RI News. Semarang – Di tengah gelombang tantangan demokrasi, disrupsi teknologi, dan dinamika sosial yang semakin kompleks, generasi muda Indonesia khususnya mahasiswa Perguruan Tinggi Keagamaan Islam Negeri (PTKIN) didorong untuk tidak sekadar menjadi pengamat, melainkan aktor strategis yang menggerakkan perubahan dan menjaga nilai kebangsaan. Pesan tersebut mengemuka dalam Konsolidasi Nasional Senat Mahasiswa PTKIN se-Indonesia yang berlangsung di Planetarium Gedung Rektorat Kampus 3 UIN Walisongo Semarang, Selasa (19/5/2026).
Acara yang diikuti sekitar 100 mahasiswa dari berbagai daerah ini mengusung tema penguatan peran mahasiswa dalam mewujudkan keadilan sosial, demokrasi substantif, serta pembangunan berkelanjutan. Forum tersebut menjadi wadah dialog konstruktif antara kalangan akademisi, mahasiswa, dan pemangku kepentingan untuk membahas arah pembangunan nasional jangka panjang.

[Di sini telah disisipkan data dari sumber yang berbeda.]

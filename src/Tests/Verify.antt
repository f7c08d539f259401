-- ===== src/Tests/Verify.antt =====
-- Links that are opened: a magic link, and the link of a signup.
use temporal_cloud_offering.Prelude.{◌≡◌, refl, true, false, [], ◌∷◌, some, none, arith}
use temporal_cloud_offering.Text.{Text, codes, lookup, remove, ◌==◌}
use temporal_cloud_offering.Json.{str, obj, num, fine, object, member, bool, below, Fields}
use temporal_cloud_offering.Json.Doc.{Doc, printed}
use temporal_cloud_offering.Platform.Exec.{World, done}
use temporal_cloud_offering.Platform.Memory.{Entries}
use temporal_cloud_offering.Auth.{user_key, pending_key, verification_key, magic_link_key}
use temporal_cloud_offering.Auth.Signup.{token_record}
use temporal_cloud_offering.Auth.Verify.{
  check_token, accept_magic_link, get_verify, email_verified, signed_in, magic_link_kind,
  signup_kind,
}
use temporal_cloud_offering.Auth.Verify.Token.{IsGoodToken}
use temporal_cloud_offering.Auth.Verify.Laws.{get_verify_sound, magic_link_once, kind_of}
use temporal_cloud_offering.Auth.Verify.Activation.{
  IsActive, IsObserved, activated, signup_activates,
}
use temporal_cloud_offering.Tests.{runtime, runtime_laws, env, ann, start}

abbrev token : Text
token = codes "t"

-- A token that expires at time 50.
abbrev token_doc : Doc
token_doc = printed (token_record (some (str ann)) 50)

abbrev link_kv : World Entries
link_kv = start ((codes "magic_link:t", (token_doc, none)) ∷ [])

abbrev link : Text
link = codes "magic_link"

link-IsGoodToken : IsGoodToken runtime magic_link_kind token ann link_kv
unfolding lookup below magic_link_key
link-IsGoodToken = record {
  token_data = token_record (some (str ann)) 50;
  found = refl;
  owner = refl;
  expires_at = some (num 50);
  expiry = refl;
  fresh = refl;
}

not_signup : (codes "magic_link" == codes "signup") ≡ false
unfolding ◌==◌
not_signup = refl

-- The store behind the first use, seen later.
abbrev later : World Entries
later = record (get_verify runtime env token ann link link_kv).1 { calls = 20 }

magic_link_once_example :
    ((get_verify runtime env token ann link link_kv).0 ≡ done (signed_in ann))
    × ((get_verify runtime env token ann link later).0 ≡ done magic_link_kind.unknown)
magic_link_once_example =
    magic_link_once runtime env token ann link link_kv later runtime_laws refl refl refl not_signup
      link-IsGoodToken refl refl refl refl

abbrev spent_kv : World Entries
spent_kv = record link_kv { store = []; calls = 3 }

link_run : get_verify runtime env token ann link link_kv ≡ (done (signed_in ann), spent_kv)
unfolding get_verify lookup remove below magic_link_key check_token accept_magic_link
link_run = refl

get_verify_sound_example : IsGoodToken runtime (kind_of link) token ann link_kv
get_verify_sound_example =
    get_verify_sound runtime env token ann link link_kv spent_kv (signed_in ann) refl link_run refl

abbrev pending : Fields
pending = object ((codes "email", str ann) ∷ (codes "verified", bool false) ∷ [])

abbrev signup_kv : World Entries
signup_kv = start (
    (codes "verification:t", (token_doc, none))
    ∷ (codes "pending_user:a@b", (printed (obj pending), none))
    ∷ [])

signup-IsGoodToken : IsGoodToken runtime signup_kind token ann signup_kv
unfolding lookup below verification_key
signup-IsGoodToken = record {
  token_data = token_record (some (str ann)) 50;
  found = refl;
  owner = refl;
  expires_at = some (num 50);
  expiry = refl;
  fresh = refl;
}

pending_found : runtime.get 2 (pending_key ann) signup_kv.store ≡ some (printed (obj pending))
unfolding lookup pending_key
pending_found = refl

is_signup_named : (codes "signup" == codes "signup") ≡ true
unfolding ◌==◌
is_signup_named = refl

observed : IsObserved runtime token ann signup_kv 100 (codes "other")
unfolding user_key pending_key verification_key
observed = record {
  later = omega arith;
  not_user = λ e. cc;
  not_pending = λ e. cc;
  not_token = λ e. cc;
}

signup_activates_example :
    ((get_verify runtime env token ann (codes "signup") signup_kv).0 ≡ done (email_verified ann))
    × IsActive runtime token ann signup_kv
        (obj (activated pending 3))
        100
        (codes "other")
        (get_verify runtime env token ann (codes "signup") signup_kv).1.store
    × (member (some (obj (activated pending 3))) (codes "verified") ≡ fine (some (bool true)))
signup_activates_example =
    signup_activates runtime token ann signup_kv env (codes "signup") pending 100 (codes "other")
      runtime_laws (λ i. refl) refl refl refl is_signup_named signup-IsGoodToken pending_found
      observed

Irjen Pol. Ribut Hari Wibowo, Kapolda Jawa Tengah, hadir sebagai narasumber utama dan menyampaikan orasi ilmiah yang menekankan urgensi peran generasi muda. Menurutnya, Indonesia Emas 2045 bukanlah sekadar visi abstrak, melainkan kerangka pembangunan konkret yang telah tertuang dalam Rencana Pembangunan Jangka Panjang Nasional (RPJPN) 2025–2045.

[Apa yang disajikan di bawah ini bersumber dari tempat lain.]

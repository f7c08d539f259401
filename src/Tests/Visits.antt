-- ===== src/Tests/Visits.antt =====
-- Visits of the pages, over the handlers of the site and a KV store in memory.
use temporal_cloud_offering.Prelude.{refl, inl, inr, false, [], ◌∷◌, Option, none, some}
use temporal_cloud_offering.Text.{Text, codes}
use temporal_cloud_offering.Text.Utf8.{encode_uri_component}
use temporal_cloud_offering.Json.{null, num, str, literal}
use temporal_cloud_offering.Json.Doc.{Doc, printed, malformed}
use temporal_cloud_offering.Platform.{Reply}
use temporal_cloud_offering.Platform.Exec.{Outcome}
use temporal_cloud_offering.Platform.Memory.{Entries}
use temporal_cloud_offering.Auth.{Response}
use temporal_cloud_offering.Auth.Verify.{get_verify}
use temporal_cloud_offering.Auth.Signup.{post_signup}
use temporal_cloud_offering.Auth.Login.{post_login}
use temporal_cloud_offering.Session.{Session}
use temporal_cloud_offering.Session.Memory.{Tab}
use temporal_cloud_offering.Pages.{answer, received}
use temporal_cloud_offering.Pages.Verify
use temporal_cloud_offering.Pages.Verify.{verify_url}
use temporal_cloud_offering.Pages.Verify.Laws.{IsSettled, verify_page_settles}
use temporal_cloud_offering.Pages.Signup
use temporal_cloud_offering.Pages.Signup.{signup_body, handle_signup}
use temporal_cloud_offering.Pages.Login
use temporal_cloud_offering.Pages.Login.{login_body, handle_email_login}
use temporal_cloud_offering.Tests.{runtime, env, site, ann, secret, start}
use temporal_cloud_offering.Tests.Session.{chrome, empty_tab}

-- What the site answers for a handler that threw.
abbrev crash : Reply
crash = record { ok = false; json = malformed (codes "Internal Error") }

abbrev link_token : Text
link_token = codes "0f"

abbrev mailbox : Entries
mailbox =
    (
      codes "magic_link:0f",
      (
        printed (
            literal
              ((codes "email", some (str ann)) ∷ (codes "expiresAt", some (num 900000)) ∷ [])),
        none,
      ),
    )
    ∷ []

abbrev nobody : Session Tab
nobody = record { page = empty_tab; user = null }

-- What the handler does with the link.
abbrev opened_link : Option (Outcome Response)
opened_link = some (get_verify runtime env link_token ann (codes "magic_link") (start mailbox)).0

abbrev answers_link : Text → Option Reply
answers_link url = received crash opened_link

verify_page_settles_example :
    IsSettled chrome answers_link ann [] nobody opened_link
      (Verify.on_mount chrome answers_link link_token ann [] nobody)
unfolding verify_url encode_uri_component
verify_page_settles_example =
    verify_page_settles chrome answers_link runtime env link_token ann [] (start mailbox) nobody
      crash opened_link (refl, inl refl) (inr refl) refl

abbrev new_form : Signup.Form
new_form = record {
  email = ann;
  name = codes "Ann";
  password = secret;
  confirm_password = secret;
  loading = false;
  error = str [];
  success = false;
  location = none;
}

abbrev answers_signup : Doc → Option Reply
answers_signup body = some (answer crash (post_signup runtime env site body (start [])).0)

abbrev old_form : Login.Form
old_form = record {
  email = ann;
  password = secret;
  loading = false;
  error = str [];
  goes_to = none;
}

abbrev answers_login : Doc → Option Reply
answers_login body = some (answer crash (post_login runtime body (start [])).0)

“Generasi muda merupakan penentu masa depan bangsa. Mahasiswa hari ini adalah calon pemimpin yang akan menentukan arah Indonesia di masa mendatang,” tegas Irjen Pol. Ribut Hari Wibowo.
Ia menambahkan bahwa Indonesia memiliki keunggulan demografis berupa bonus populasi generasi muda yang sangat besar. Oleh karena itu, mahasiswa PTKIN diharapkan mampu mengoptimalkan tiga kekuatan utamanya: ilmu pengetahuan, spiritualitas dan akhlak mulia, serta semangat kebangsaan yang selaras dengan tuntutan modernitas.
“Mahasiswa Islam harus naik kelas. Tidak hanya unggul secara akademik, tetapi juga memiliki kepedulian sosial yang tinggi, integritas moral yang kuat, dan kemampuan menjadi solusi di tengah masyarakat,” ujarnya.
Kapolda juga menyoroti pentingnya sinergi antara mahasiswa, perguruan tinggi, dan Polri. Mahasiswa, katanya, bukan lagi objek pengamanan semata, melainkan mitra strategis dalam menjaga stabilitas nasional, memperkuat demokrasi yang sehat, serta mendukung pembangunan yang berkeadilan.
Dalam kesempatan tersebut, Irjen Pol. Ribut Hari Wibowo juga memperkenalkan pendekatan pemolisian berbasis customer oriented yang menjadi wajah baru Polri—lebih dekat, terbuka, dan responsif terhadap aspirasi generasi muda.
Baca juga: Mahasiswa Tapsel Desak Transparansi: Pelantikan Kadis Pendidikan Di tengah Badai Kritik
Rektor UIN Walisongo Semarang Prof. Dr. Musahadi, M.Ag., turut hadir bersama perwakilan KPU, unsur pemerintah daerah, dosen, serta para pemimpin mahasiswa PTKIN dari seluruh Indonesia. Sementara itu, Kabid Humas Polda Jawa Tengah Kombes Pol. Artanto menyatakan bahwa kehadiran Polri dalam forum akademik ini merupakan bagian dari komitmen membangun komunikasi dua arah dengan generasi muda.
“Polri ingin hadir lebih dekat melalui ruang-ruang dialog yang terbuka dan edukatif. Dengan sinergi yang baik antara mahasiswa, kampus, dan aparat, diharapkan lahir generasi yang kritis, berintegritas, serta memiliki kepedulian mendalam terhadap masa depan bangsa,” jelas Kombes Pol. Artanto.
Forum konsolidasi ini menjadi momentum penting di tengah era digital yang penuh tantangan, di mana mahasiswa diharapkan mampu menjadi penjaga nilai persatuan sekaligus katalisator inovasi sosial. Ke depan, kolaborasi lintas sektor seperti ini diharapkan terus diperkuat guna mewujudkan Indonesia yang maju, adil, dan berdaulat pada 2045.